Why Foundations Are Everything — And Why People Go Wrong
In agility, everyone loves the flashy stuff. The big distances, the fast runs, the tight turns. But here’s the truth: none of that matters if your foundations aren’t solid.
Your foundations are your communication system. They’re how your dog learns to read your body, understand your cues, and build confidence in problem-solving. When they’re clear, consistent, and reinforced from day one, everything else becomes easier. When they’re rushed, skipped, or patched together… that’s when it starts to fall apart.
Most agility issues aren’t “handling” problems—they’re foundation problems showing up under pressure.
Dogs that blow past start lines, ignore cues, turn the wrong way, miss contacts, or take off-courses aren’t being “naughty.” They’re confused. They’re guessing. And it’s our job to make sure they never have to.

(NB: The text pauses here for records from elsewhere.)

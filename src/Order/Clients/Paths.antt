-- ===== src/Order/Clients/Paths.antt =====
-- How an error or an answer of another service reaches the order service
-- (inventory/internal/interceptor/error.go, payment/internal, order/internal/client/grpc).
use rocket_factory.Prelude.{
  ℕ, String, ◌≡◌, ◌≢◌, refl, ap, Option, none, some, str_eq, eq_iff, arith, Bool-cases, false,
  if◌then◌else◌, inl, inr, UuidCodec, Result, ok, err, panic,
}
use rocket_factory.Prelude.Grpc.{Code, CallError, unknown, not_a_status, invalid_argument}
use rocket_factory.Prelude.Grpc
use rocket_factory.Inventory.Errors
use rocket_factory.Inventory.Api
use rocket_factory.Order.Errors.{
  Error, part_not_found, part_type_mismatch, incompatible_parts, out_of_stock, internal_error,
  payment_failed,
}
use rocket_factory.Order.Model.{method_card, method_sbp, method_credit_card, method_investor_money}
use rocket_factory.Order.Clients.{inventory_error, payment_error, map_payment_method, pay_order}
use rocket_factory.Payment
use rocket_factory.Payment.{PaymentMethodProto}

-- `status.Code`, and the rule of the gRPC server for the error of a handler: an error that was
-- built by `status.Error` goes out with its code, any other one as Unknown.
pub record StatusRules : Type 0 where
  pub status_code : Errors.Error → Option Code
  pub of_status : (c : Code) → status_code (Errors.status c) ≡ some c
  pub of_other :
      (e : Errors.Error) → ((c : Code) → e ≢ Errors.status c) → status_code e ≡ some unknown

-- What a caller sees of the error that an interceptor returns.
abbrev pub sent : Option Code → CallError
sent none = not_a_status
sent (some c) = Grpc.status c

-- The error of the order service for an error of the inventory's handler.
abbrev pub seen_as : Errors.Error → Error
seen_as Errors.part_not_found = part_not_found
seen_as Errors.invalid_uuid = part_type_mismatch
seen_as Errors.part_type_mismatch = part_type_mismatch
seen_as Errors.incompatible_parts = incompatible_parts
seen_as Errors.nothing_to_commit = incompatible_parts
seen_as Errors.nothing_to_release = incompatible_parts
seen_as Errors.out_of_stock = out_of_stock
seen_as (Errors.status c) = inventory_error (Grpc.status c)
seen_as e = internal_error

module _ (rules : StatusRules) where
  abbrev pub inventory_path : Errors.Error → Error
  inventory_path e = inventory_error (sent (rules.status_code (Api.intercept rules.status_code e)))

  -- By the rules of gRPC for statuses, an error of the inventory's handlers, through its
  -- interceptor, the wire and the client's mapErrors, is the error that `seen_as` lists.
  pub inventory_path-eq : (e : Errors.Error) → inventory_path e ≡ seen_as e
  unfolding inventory_error Api.intercept
  inventory_path-eq Errors.part_not_found = rw (rules.of_status Grpc.not_found) refl
  inventory_path-eq Errors.invalid_uuid = rw (rules.of_status Grpc.invalid_argument) refl
  inventory_path-eq Errors.part_type_mismatch = rw (rules.of_status Grpc.invalid_argument) refl
  inventory_path-eq Errors.incompatible_parts = rw (rules.of_status Grpc.failed_precondition) refl
  inventory_path-eq Errors.nothing_to_commit = rw (rules.of_status Grpc.failed_precondition) refl
  inventory_path-eq Errors.nothing_to_release = rw (rules.of_status Grpc.failed_precondition) refl
  inventory_path-eq Errors.out_of_stock = rw (rules.of_status Grpc.resource_exhausted) refl
  inventory_path-eq Errors.invalid_properties = rw (rules.of_status Grpc.internal) refl
  inventory_path-eq Errors.no_part_were_updated =
      rw
        (
          rules.of_other Errors.no_part_were_updated (λ c same. cc),
          rules.of_other Errors.no_part_were_updated (λ c same. cc),
        )
        refl
  inventory_path-eq Errors.internal_error =
      rw
        (
          rules.of_other Errors.internal_error (λ c same. cc),
          rules.of_other Errors.internal_error (λ c same. cc),
        )
        refl
  inventory_path-eq Errors.unauthenticated =
      rw
        (
          rules.of_other Errors.unauthenticated (λ c same. cc),
          rules.of_other Errors.unauthenticated (λ c same. cc),
        )
        refl
  inventory_path-eq Errors.other =
      rw (rules.of_other Errors.other (λ c same. cc), rules.of_other Errors.other (λ c same. cc))
        refl
  inventory_path-eq (Errors.status c) = rw (rules.of_status c, rules.of_status c) refl

-- What the two services name a method of payment.
abbrev pub payable : String → Option String
payable m =
    if str_eq m method_card
    then some Payment.card
    else if str_eq m method_sbp
    then some Payment.sbp
    else if str_eq m method_credit_card
    then some Payment.credit_card
    else if str_eq m method_investor_money
    then some Payment.investor_money
    else none

-- The error of a handler on the wire; the interceptor leaves only statuses.
abbrev on_the_wire : Payment.Error → CallError
on_the_wire (Payment.status c) = Grpc.status c
on_the_wire Payment.payment_method_not_specified = Grpc.status unknown
on_the_wire Payment.invalid_uuid = Grpc.status unknown

module _ (codec : UuidCodec) (fresh : ℕ) where
  abbrev reply : {X : Type 0} → Result Payment.Error String → X → Result CallError String × X
  reply (ok u) x = (ok u, x)
  reply panic x = (panic, x)
  reply (err e) x = (err (on_the_wire (Payment.intercept e)), x)

  -- The payment service behind its interceptor, as the stub of the client.
  abbrev pub payment_stub :
      {X : Type 0} → String → PaymentMethodProto → X → Result CallError String × X
  payment_stub order_uuid pm x = reply (Payment.handle_pay_order codec fresh order_uuid pm) x

  abbrev pub paid_or_refused : Option String → Result Error ℕ
  paid_or_refused none = err payment_failed
  paid_or_refused (some m) = ok fresh

  not_blank : (u : ℕ) → str_eq (codec.to_string u) "" ≡ false
  not_blank u = elim (Bool-cases (str_eq (codec.to_string u) "")) [
    | inr e ↦ e
    | inl e ↦
        let blank : codec.to_string u ≡ "" = ground (arith, e, eq_iff (codec.to_string u) "") in
        cc (codec.parse-to_string u, codec.parse_empty, ap codec.parse blank)
  ]

  -- A payment by the order service's client, through the payment service and back, gives the
  -- transaction that the payment service made when the method is one of the four that both know, and
  -- a payment-failed error for every other method.
  pub pay_order-payment_stub :
      (u : ℕ) (m : String) {X : Type 0} (x : X)
      → pay_order codec payment_stub u m x ≡ (paid_or_refused (payable m), x)
  unfolding pay_order map_payment_method payment_error Payment.handle_pay_order Payment.pay_order
      Payment.payment_method_proto_to_model Payment.intercept
  pay_order-payment_stub u m x = elim (Bool-cases (str_eq m method_card)) [
    | inl e ↦ rw (e, not_blank u, codec.parse-to_string u, codec.parse-to_string fresh) refl
    | inr e1 ↦ elim (Bool-cases (str_eq m method_sbp)) [
      | inl e ↦ rw (e1, e, not_blank u, codec.parse-to_string u, codec.parse-to_string fresh) refl
      | inr e2 ↦ elim (Bool-cases (str_eq m method_credit_card)) [
        | inl e ↦
            rw (e1, e2, e, not_blank u, codec.parse-to_string u, codec.parse-to_string fresh) refl
        | inr e3 ↦ elim (Bool-cases (str_eq m method_investor_money)) [
          | inl e ↦
              rw (e1, e2, e3, e, not_blank u, codec.parse-to_string u, codec.parse-to_string fresh)
                refl
          | inr e4 ↦ rw (e1, e2, e3, e4, not_blank u, codec.parse-to_string u) refl
        ]
      ]
    ]
  ]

So why do people go wrong?
Because foundations feel slow. And slow isn’t sexy.
We’re a culture of instant results. People want to skip straight to sequencing and running courses. They think, “My dog gets it,” when the dog is really just patterning a behaviour, not understanding the why behind it.
And when something goes wrong, instead of going back to fix the foundation, they patch it with more handling. More motion. More noise. Which leads to even more confusion.
The best teams in the world don’t have magical dogs or secret skills. They just built everything on rock-solid foundations—and they revisit those foundations all the time.
Can your dog stay focused under arousal? Do they know how to work independently? Can they turn tight without being micromanaged? Do they understand your motion cues without a verbal? Can they handle pressure?
If not, don’t see it as failure—see it as an invitation. Go back. Break it down. Rebuild it properly. Because when your foundations are strong, your options become limitless.
Fast runs don’t come from rushing training. They come from confidence, clarity, and trust—and that all starts at the foundation level.
Lay the groundwork like you’re building the Eiffel Tower. Because if you want to fly, your dog needs to know the ground beneath them won’t give way.